Alumni Stories · Start-up

Sailing through the supply chain crunch

Voyager Portal, a tech start-up that evolved from an IMD MBA summer research project with an aim of simplifying shipping, has raised nearly $10 million in funding from venture capitalists and other investors.
December 2021

 - IMD Business School

Over the past 18 months, the disruption wrought by the COVID-19 pandemic has exposed the fragilities in the global supply chain to everyone who has had to wait months for a new car or found the supermarket shelves devoid of toilet paper. For Matthew Costello, MBA 2017, these faults were already obvious four years ago.

In 2017, he invited his friend and now co-founder Brett Smart to Lausanne to help him conduct a deep dive on the maritime industry as part of his summer research project. Having both worked at chemical tanker operator Stolt Nielsen, the pair tapped their contacts and surveyed over 100 people on the pain points, which included frustrations around fuel, the penalties levied for waiting too long at ports, and the way different players in the industry work together.

Business plans on butcher’s paper

They came up with more than 20 business ideas, which they mapped out onto large pieces of butcher’s paper. Then, in true MBA-style, they calculated the market size for their ideas and put them on an ease/value matrix to work out which ones would deliver the most value quickest. The pair settled on creating a single supply management platform that allows companies to coordinate shipments and Voyager Portal was born.

A major finding from the survey was that companies were often coordinating complex shipments via email, spreadsheets, and PDFs. “We found that about 40% of people’s time was spent on low value, low complexity work,” said Costello.

“I was astonished to hear from Matthew how far behind the shipping industry was in adopting information technology,” recalled Ian Charles Stewart, serial entrepreneur and Executive in Residence at IMD, who heard Costello’s research project presentation. “I made a couple of calls to verify what he was saying and quickly realised he had a real opportunity. Even if I wasn’t sure that the service he was proposing to start with would be the one that took off.”

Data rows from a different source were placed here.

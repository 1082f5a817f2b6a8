-- ===== src/Strategies/AlmgrenChriss.antt =====
-- src/strategies/optimal.rs, first half: the closed-form Almgren-Chriss schedule.
pub mod Inventory
pub mod Model
use Prim.Native.Nat.{min, max}
use strata_exec.Prelude.{
  ℕ, zero, suc, ◌+◌, Bool, ◌||◌, Option, none, some, List, [], ◌∷◌, ◌==◌, ltb, if◌then◌else◌,
  Result, ok, err, not,
}
use strata_exec.Float.{Float, ◌⊕◌, ◌⊖◌, ◌⊗◌, ◌⊘◌, ◌<?◌, ◌≤?◌, ◌=?◌, lit, nought, fabs, fsum}

pub record AlmgrenChriss (F : Type 0) : Type 0 where
  pub total_inventory : F
  pub eta : F
  pub gamma : F
  pub lambda : F
  pub sigma : F
  pub horizon : ℕ

-- The refusals of `AlmgrenChriss::new`, with the value that the message quotes.
pub data ModelError (F : Type 0) : Type 0 where
  bad_inventory : F → ModelError F
  bad_eta : F → ModelError F
  bad_lambda : F → ModelError F
  bad_sigma : F → ModelError F
  bad_horizon : ℕ → ModelError F

-- `n.clamp(1, 200)` on `usize`.
abbrev pub clamp_horizon : ℕ → ℕ
clamp_horizon n = min (max n 1) 200

module _ {F : Type 0} ⦃f : Float F⦄ where
  unfoldable pub kappa : F → F → F → F
  kappa eta lambda sigma = f.sqrt (lambda ⊗ sigma ⊗ sigma ⊘ eta)

  unfoldable pub recommended_horizon : F → F → F → ℕ
  recommended_horizon eta lambda sigma =
      clamp_horizon (f.ceil_usize (lit 3 0 ⊘ (kappa eta lambda sigma ⊕ lit 1 12)))

  unfoldable pub choose_horizon : F → F → F → Option ℕ → Result (ModelError F) ℕ
  unfolding recommended_horizon
  choose_horizon eta lambda sigma (some h) = if ltb h 1 then err (bad_horizon h) else ok h
  choose_horizon eta lambda sigma none = ok (recommended_horizon eta lambda sigma)

  unfoldable pub with_horizon :
      F → F → F → F → Result (ModelError F) ℕ → Result (ModelError F) (AlmgrenChriss F)
  with_horizon total_inventory eta lambda sigma (err e) = err e
  with_horizon total_inventory eta lambda sigma (ok horizon) = ok (record {
    total_inventory = total_inventory;
    eta = eta;
    gamma = lit 1 1 ⊗ eta;
    lambda = lambda;
    sigma = sigma;
    horizon = horizon;
  })

  unfoldable pub new_model : F → F → F → F → Option ℕ → Result (ModelError F) (AlmgrenChriss F)
  unfolding with_horizon choose_horizon
  new_model total_inventory eta lambda sigma horizon_override =
      if total_inventory ≤? nought
      then err (bad_inventory total_inventory)
      else if eta ≤? nought
      then err (bad_eta eta)
      else if lambda <? nought
      then err (bad_lambda lambda)
      else if sigma <? nought
      then err (bad_sigma sigma)
      else with_horizon total_inventory eta lambda sigma
          (choose_horizon eta lambda sigma horizon_override)

  -- `(0..n).map(|_| chunk)`
  unfoldable pub equal_trades : ℕ → F → List F
  equal_trades zero chunk = []
  equal_trades (suc n) chunk = chunk ∷ equal_trades n chunk

  -- `if let Some(last) = trades.last_mut() { *last += d; }`
  unfoldable pub add_to_last : List F → F → List F
  add_to_last [] d = []
  add_to_last (x ∷ []) d = (x ⊕ d) ∷ []
  add_to_last (x ∷ y ∷ ys) d = x ∷ add_to_last (y ∷ ys) d

  -- The residue of the sum goes to the last trade.
  unfoldable pub absorb : F → List F → List F
  unfolding add_to_last fsum
  absorb total_inventory trades = add_to_last trades (total_inventory ⊖ fsum trades)

  unfoldable pub linear_schedule : AlmgrenChriss F → List F
  unfolding absorb equal_trades
  linear_schedule m =
      absorb m.total_inventory (equal_trades m.horizon (m.total_inventory ⊘ f.of_usize m.horizon))

  -- `inventory[k]` after the boundary conditions are forced, the last one last.
  unfoldable pub inventory : AlmgrenChriss F → F → F → ℕ → F
  inventory m kappa sinh_kt k =
      if k == m.horizon
      then nought
      else if k == 0
      then m.total_inventory
      else m.total_inventory ⊗ (f.sinh (kappa ⊗ (f.of_usize m.horizon ⊖ f.of_usize k)) ⊘ sinh_kt)

  -- The trades `inventory[k] - inventory[k + 1]` for the `n` steps from `k`.
  unfoldable pub differences : AlmgrenChriss F → F → F → ℕ → ℕ → List F
  unfolding inventory
  differences m kappa sinh_kt zero k = []
  differences m kappa sinh_kt (suc n) k =
      (inventory m kappa sinh_kt k ⊖ inventory m kappa sinh_kt (k + 1))
      ∷ differences m kappa sinh_kt n (k + 1)

  unfoldable pub sinh_schedule : AlmgrenChriss F → F → List F
  unfolding linear_schedule differences fabs
  sinh_schedule m kappa =
      let sinh_kt = f.sinh (kappa ⊗ f.of_usize m.horizon) in
      if fabs sinh_kt <? lit 1 15 || not (f.is_finite sinh_kt)
      then linear_schedule m
      else absorb m.total_inventory (differences m kappa sinh_kt m.horizon 0)

  unfoldable pub schedule : AlmgrenChriss F → List F
  unfolding sinh_schedule kappa
  schedule m =
      let k = kappa m.eta m.lambda m.sigma in
      if m.lambda =? nought || m.sigma =? nought || k <? lit 1 12
      then linear_schedule m
      else sinh_schedule m k
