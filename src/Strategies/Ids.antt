-- ===== src/Strategies/Ids.antt =====
-- The `static` order-id counters of the strategy files.
use strata_exec.Prelude.{ℕ, ◌+◌, ◌%◌, ◌^◌}

pub record OrderIds : Type 0 where
  pub heuristic : ℕ
  pub adaptive : ℕ
  pub optimal : ℕ
  pub twap : ℕ

abbrev pub initial_ids : OrderIds
initial_ids = record { heuristic = 1; adaptive = 100_000; optimal = 200_000; twap = 300_000 }

-- `fetch_add(1)` on an `AtomicU64`.
unfoldable pub fetch_add : ℕ → ℕ
fetch_add n = (n + 1) % 2 ^ 64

It turns out Voyager Platform’s supply chain management platform, which makes it easier for customers to manage the workflow around moving cargo, came at just the right time. While the shipping industry was slow to catch on to digitalization, the turbulence caused by clogged ports and overwhelmed supply chains exposed the need to invest in technology and data to make sure shipments flowed more smoothly.

The Houston-based company grew quickly throughout the pandemic and now manages more than $1 billion of freight on its platform with customers in the renewable energy, petrochemicals, offshore and Oil & Gas sectors in the United States and Europe.

“From a technology standpoint it made everyone realize how little data they had to understand their business at the edge of what is possible,” said Costello, adding spending on technology by industry players has more than tripled.

Reeling in investment

Its success caught the attention of investors. Having secured $1.5m in seed funding from ATX Venture Partners, Blue Bear Capital and GreenHawk Capital, it racked up a further $8.4 million in a Series A investment round led by Oman-based venture capital firm Phaze earlier this month.

Voyager Portal plans to use the funding to expand its sales and marketing efforts in Europe and Southeast Asia and expects to more than double in size to around 50 staff by the end of next year. Its ambition is to not only help ease collaboration between shipping companies, freighter and brokers, but also to help analyze data and trends to predict what might happen to shipments.

With shipping accounting for around 3% of global greenhouse emissions, there is growing pressure on the industry to reduce its carbon footprint. Costello said Voyager Platform’s workflow engine allows customers to track the emissions data of their maritime shipments.

In the future, this will enable customers to benchmark different suppliers according to their emissions and source greener transport by selecting carriers with a lower footprint or shorter transit times.

Top tips for entrepreneurs

Costello chose IMD for his MBA because of its deep connections with the shipping industry. Both Søren Skou and Søren Toft, the CEOs of Maersk and MSC respectively, both completed their MBAs at IMD.

As well as giving him the bug for entrepreneurship, IMD offered support in the early days of Voyager Portal by including the company in its annual Startup Competition.

For anyone considering taking the leap and starting their own business, Costello has the following advice:

  1. Pick your founding team with a lot of care and thought because you are going to be with them for life; don’t rush that decision.
  2. Start somewhere small and niche where you can quickly figure out if it’s a good idea and reduce the decision cycle and feedback loop to as short a period as possible.
  3. Just jump off the deep end and do it! The reality is you are going to have to take some really big gambles. Unless you are all in, it’s hard to do it properly.